Evedently she´s a slow grower, hopefully the front will catch up with the back, can be the reason her hind quarters are so far back.

She´s pointing with the left fore, seems to be favoring the right, have that checked out.


----------



## CandyCanes (Jul 1, 2013)

I hate to say it, but that hind end will not help her at all in dressage. She will find it extremely hard to collect. If you want a dressage prospect, I would pass this horse by.


----------



## Pony360 (Feb 23, 2014)

*Video*

Thanks everyone for your feedback. I have a video but its not great. She is such a doll, this was her first time in a arena ever and first time ridden in 4 months. The goose bump rump did concern me and I was thinking maybe with the right work I could help her strengthen enough to get to 2nd level?

P2130054 - YouTube


----------



## Renip (Oct 25, 2013)

I just have to say on love her colour!! Very pretty mare.
_Posted via Mobile Device_


----------



## Tryst (Feb 8, 2012)

I think she should make second level, I would not expect exceptional scores. While her hind end may fill out, the structure will not change. I think she will remain downhill.


----------



## Dehda01 (Jul 25, 2013)

She is cute but you will most likely be fighting her short neck, upright shoulder, weak croup and goose-rump. She takes more after the draft side, than the tb side, and she will have difficulty collecting her and engaging her back end. That said, a good mind is lovely to work with, and she may grow out of some of those traits slightly.... She looks like she will be a good sport.
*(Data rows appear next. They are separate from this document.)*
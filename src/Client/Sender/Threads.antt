-- ===== src/Client/Sender/Threads.antt =====
-- `Sender` of rust/crates/clickman/src/sender.rs as several calls meet it: each call of `send_next` is
-- here in two parts, up to its post and from the answer on, and other calls of the client may come
-- between them. A call that waits for its answer may also be cancelled, and its write to the store may
-- fail. The `meanwhile` of an attempt is not used here: what happens meanwhile is the steps between.
pub mod Serial
pub mod Ends
pub mod Reached
use clickman.Base.{◌≡◌, ℕ, Bool, true, false, Option, none, some, List, [], ◌∷◌, ◌++◌}
use clickman.Client.Clock.{unix_millis, rfc3339_millis}
use clickman.Client.Config.{Config}
use clickman.Client.Outcome.{Outcome, delivered, refused, retry, of}
use clickman.Client.Backoff.Float.{Float64}
use clickman.Client.Platform.{Platform}
use clickman.Client.Store.{Database}
use clickman.Client.Queue.{Batch, Urgency, payload, take_batch}
use clickman.Client.Sender.{
  Attempt, World, Answer, answer_of, url, headers, land, reserve, settle_as,
}

module _ (f : Float64) where
  -- A call that has posted its batch, and holds the flight until it ends.
  pub record Posted : Type 0 where
    pub batch : Batch
    pub body : List ℕ
    pub attempt : Attempt f

  pub record System : Type 0 where
    pub world : World
    pub posted : List Posted

module _ (p : Platform) (f : Float64) (config : Config) where
  -- `post` up to the request; where compressing fails the call ends.
  unfoldable pub post_batch : Batch → Option (List ℕ) → Attempt f → System f → System f
  unfolding land
  post_batch batch none attempt s = record s {
    world = record s.world { state = land s.world.state };
  }
  post_batch batch (some body) attempt s = record s {
    posted = s.posted ++ record { batch = batch; body = body; attempt = attempt } ∷ [];
  }

  unfoldable pub begin_taken : Option Batch → Attempt f → System f → System f
  unfolding post_batch land
  begin_taken none attempt s = record s { world = record s.world { state = land s.world.state } }
  begin_taken (some batch) attempt s =
      post_batch batch (p.compress (payload batch (rfc3339_millis (p.civil attempt.now)))) attempt s

  -- `send_next` up to its post: the flight is reserved, and the batch is taken.
  unfoldable pub begin : Urgency → Attempt f → System f → System f
  unfolding begin_taken reserve
  begin urgency attempt s = elim (reserve (unix_millis attempt.now) s.world.state) [
    | none ↦ s
    | some state ↦
        let (taken, database) =
          take_batch config (unix_millis attempt.now) urgency s.world.database in
        begin_taken taken attempt
          (record s { world = record { database = database; state = state } })
  ]

  abbrev pub answer_to : Posted f → Answer
  answer_to call =
      answer_of (
        call.attempt.reply
          (record { url = url config; headers = headers config; body = call.body }))

  -- `settle`, where the write to the store works or fails; a failed write ends the call with an error.
  unfoldable pub settle_if : Bool → Outcome → Posted f → World → World
  settle_if true outcome call w =
      settle_as p f config outcome call.batch (answer_to call) call.attempt w
  settle_if false retry call w =
      settle_as p f config retry call.batch (answer_to call) call.attempt w
  settle_if false delivered call w = w
  settle_if false refused call w = w

  -- The rest of `send_next`, and the drop of its guard.
  unfoldable pub conclude : Bool → Posted f → World → World
  unfolding settle_if land
  conclude works call w =
      let w' = settle_if works (of (answer_to call).status) call w in
      record w' { state = land w'.state }

  -- The drop of the guard of a call that is cancelled.
  unfoldable pub cancel : World → World
  unfolding land
  cancel w = record w { state = land w.state }

  -- What may happen next, with attempts and changes of the store of a given kind: a send begins, one of
  -- the calls that wait goes on or is cancelled, or another call of the client changes the store. A send
  -- whose first write to the store fails changes nothing.
  module _ (Meets : Attempt f → Type 0) (Writes : (Database → Database) → Type 0) where
    pub data Step (s : System f) : System f → Type 0 where
      begins :
          (urgency : Urgency) (attempt : Attempt f)
          → Meets attempt
          → Step s (begin urgency attempt s)
      concludes :
          (works : Bool) (before after : List (Posted f)) (call : Posted f)
          → s.posted ≡ before ++ call ∷ after
          → Step s (record { world = conclude works call s.world; posted = before ++ after })
      cancels :
          (before after : List (Posted f)) (call : Posted f)
          → s.posted ≡ before ++ call ∷ after
          → Step s (record { world = cancel s.world; posted = before ++ after })
      writes :
          (change : Database → Database)
          → Writes change
          → Step s (record s { world = record s.world { database = change s.world.database } })

    pub data Reach (s : System f) : System f → Type 0 where
      here : Reach s s
      next : {t u : System f} → Reach s t → Step t u → Reach s u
And remember she is going to grey fully out, so don't let her current color sway you.


----------



## Zexious (Aug 2, 2013)

Honestly, I'm in the camp that thinks her front end will catch up with her hind end.

She sure is eyecatching with that pretty color <3


----------



## kiltsrhott (Mar 11, 2012)

4 is young. I agree with those who say she has a lot of growing and changing to do still. I bought my draft cross when she had just turned 5. She seemed fine when I bought her, and well balanced. She needed some muscle tone but she wasn't running down hill and her shoulder was relatively petite. A few months after I bought her she became super butt-high, and lop-sided. I had to have corrective hoof-trimming done because one hind leg was suddenly longer than the other. All I could think was "Oh no! What did I just buy?!" Thankfully, she only took another 8 months or so to level out again. She didn't reach her current height until she was almost 7 years old. She was 16.2 hands when I bought her as a 5 year old and now she measures between 17 and 17.1. I have found that the big guys can be late bloomers and a lot can change between 4 and 8 years of age.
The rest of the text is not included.